-- PROVIDED RECORDS --
━━━━━━

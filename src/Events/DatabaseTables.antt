-- ===== src/Events/DatabaseTables.antt =====
-- internal/events/database_tables.go: the events of the tables of a database, applied to the dataset
-- catalog.
use booth_catalog.Prelude.{
  Bool, ◌&&◌, List, [], ◌∷◌, ◌++◌, ◌==◌, map, nat_eq, list_eq, if◌then◌else◌, case_option, Option,
  none, ◌⊎◌, ℤ,
}
use booth_catalog.Text.{Text, txt, split}
use booth_catalog.Asset.Error.{Result}
use booth_catalog.Data.Model.{Time, zero_time, Column, PostgresTableUpsert}
use booth_catalog.Data.Store.{MemoryStore}
use booth_catalog.Data.Service
use booth_catalog.Events.{
  Verdict, Payload, Envelope, lifecycle_event, read, table_verdict_on, settle,
}

abbrev pub event_created : Text
event_created = txt "database.table.created"

abbrev pub event_updated : Text
event_updated = txt "database.table.updated"

abbrev pub event_deleted : Text
event_deleted = txt "database.table.deleted"

pub record DatabaseTableCatalog (S : Type 0) : Type 0 where
  pub apply_postgres_table : S → PostgresTableUpsert → Result Bool × S
  pub remove_postgres_table : S → Text → Text → Text → Time → Result Bool × S

pub record DatabaseTableCol : Type 0 where
  pub name : Text
  pub type : Text
  pub nullable : Bool
  pub comment : Text

pub record DatabaseTableData : Type 0 where
  pub schema : Text
  pub name : Text
  pub kind : Text
  pub comment : Option Text
  pub columns : List DatabaseTableCol
  pub approx_rows : Option ℤ

-- The dataset service, with the clock and the next asset.NewID.
abbrev pub memory_catalog : Text → Time → DatabaseTableCatalog MemoryStore
memory_catalog new_id now = record {
  apply_postgres_table = λ m u. Service.apply_postgres_table m u new_id now;
  remove_postgres_table =
      λ m ws schema name at. Service.remove_postgres_table m ws schema name at new_id;
}

-- DatabaseTableData.comment
abbrev pub comment : DatabaseTableData → Text
comment d = case_option d.comment [] (λ c. c)

abbrev pub column_of : DatabaseTableCol → Column
column_of c = record {
  name = c.name;
  type = c.type;
  description = c.comment;
  nullable = c.nullable;
}

abbrev pub to_columns : List DatabaseTableCol → List Column
to_columns = map column_of

abbrev pub subject_parts : List Text → Option (Text × Text)
subject_parts (booth ∷ ws ∷ family ∷ kind ∷ verb ∷ []) =
    if booth == txt "booth" && family == txt "database" && kind == txt "table"
    then lifecycle_event event_created event_updated event_deleted ws
        (txt "database.table." ++ verb)
    else none
subject_parts _ = none

unfoldable pub parse_database_table_subject : Text → Option (Text × Text)
parse_database_table_subject subject = subject_parts (split b'.' subject)

abbrev pub upsert_of : Text → Envelope → DatabaseTableData → PostgresTableUpsert
upsert_of ws env d = record {
  workspace = ws;
  source_module = env.published_by;
  schema = d.schema;
  name = d.name;
  kind = d.kind;
  comment = comment d;
  columns = to_columns d.columns;
  approx_rows = d.approx_rows;
  at = env.published_at;
  new_id = [];
  received_at = zero_time;
}

module _ {S : Type 0} (catalog : DatabaseTableCatalog S) where
  abbrev pub call : S → Text → Text → Envelope → DatabaseTableData → Result Bool × S
  call s ws et env d =
      if et == event_deleted
      then catalog.remove_postgres_table s ws d.schema d.name env.published_at
      else catalog.apply_postgres_table s (upsert_of ws env d)

  -- DatabaseTableProcessor.Handle
  unfoldable pub handle :
      (Payload → Text ⊎ Envelope)
      → (Payload → Text ⊎ DatabaseTableData)
      → S
      → Text
      → Payload
      → Verdict × S
  handle decode_envelope decode_data s subject payload =
      settle table_verdict_on call s
        (read decode_data parse_database_table_subject decode_envelope subject payload)
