-- ===== src/Keycloak/Cache/Laws.antt =====
-- What the cache answers is what was put last, while it is young enough.
use deploy_gateway.Base.{
  ℕ, ◌+◌, ◌-◌, ◌≤◌, String, ◌==◌, ◌≡◌, Option, none, some, arith, ltb, if◌then◌else◌,
}
use deploy_gateway.Base.Dict
use deploy_gateway.Base.Dict.{lookup-insert}
use deploy_gateway.Store.{Time}
use deploy_gateway.Keycloak.Cache.{Entry, Cache, young, get_aged, get, get_stale, put}

module _ {V : Type 0} where
  -- A fresh answer is the value that was put last under this key, for as long as it is not older than
  -- the time to live, and then nothing; the grace period adds to that for `get_stale`. Other keys keep
  -- their answers.
  pub get-put :
      (c : Cache V) (k j : String) (v : V) (put_at now : Time)
      → (get (put c k v put_at) j now
          ≡ (if k == j then (if ltb c.ttl (now - put_at) then none else some v) else get c j now))
        × (get_stale (put c k v put_at) j now ≡ (
            if k == j
            then (if ltb (c.ttl + c.stale_for) (now - put_at) then none else some v)
            else get_stale c j now))
  unfolding get get_stale put get_aged young
  get-put c k j v put_at now = (rw lookup-insert (ground arith), rw lookup-insert (ground arith))

  -- What a cache answers was stored under the key, not longer ago than the age that is asked for.
  pub record Hit (c : Cache V) (key : String) (max_age : ℕ) (now : Time) (v : V) : Type 0 where
    pub entry : Entry V
    pub found : Dict.lookup key c.entries ≡ some entry
    pub value : entry.value ≡ v
    pub age : now ≤ entry.stored_at + max_age

  young-Hit :
      (c : Cache V) (key : String) (max_age : ℕ) (now : Time) (v : V) (o : Option (Entry V))
      → Dict.lookup key c.entries ≡ o
      → young now max_age o ≡ some v
      → Hit c key max_age now v
  unfolding young
  young-Hit c key max_age now v none e h = cc
  young-Hit c key max_age now v (some x) e h = record {
    entry = x;
    found = e;
    value = ground arith;
    age = ground arith;
  }

  pub get_aged-Hit :
      (c : Cache V) (key : String) (max_age : ℕ) (now : Time) {v : V}
      → get_aged c key max_age now ≡ some v
      → Hit c key max_age now v
  unfolding get_aged
  get_aged-Hit c key max_age now {v} h =
      young-Hit c key max_age now v (Dict.lookup key c.entries) (λ i. Dict.lookup key c.entries) h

━━━━━━

-- AIM OF THE TASK --
All lines above holding the word "arith" make up the answer; copy each one.

-- EXERCISE ANSWER --
  ℕ, ◌+◌, ◌-◌, ◌≤◌, String, ◌==◌, ◌≡◌, Option, none, some, arith, ltb, if◌then◌else◌,
  get-put c k j v put_at now = (rw lookup-insert (ground arith), rw lookup-insert (ground arith))
    value = ground arith;
    age = ground arith;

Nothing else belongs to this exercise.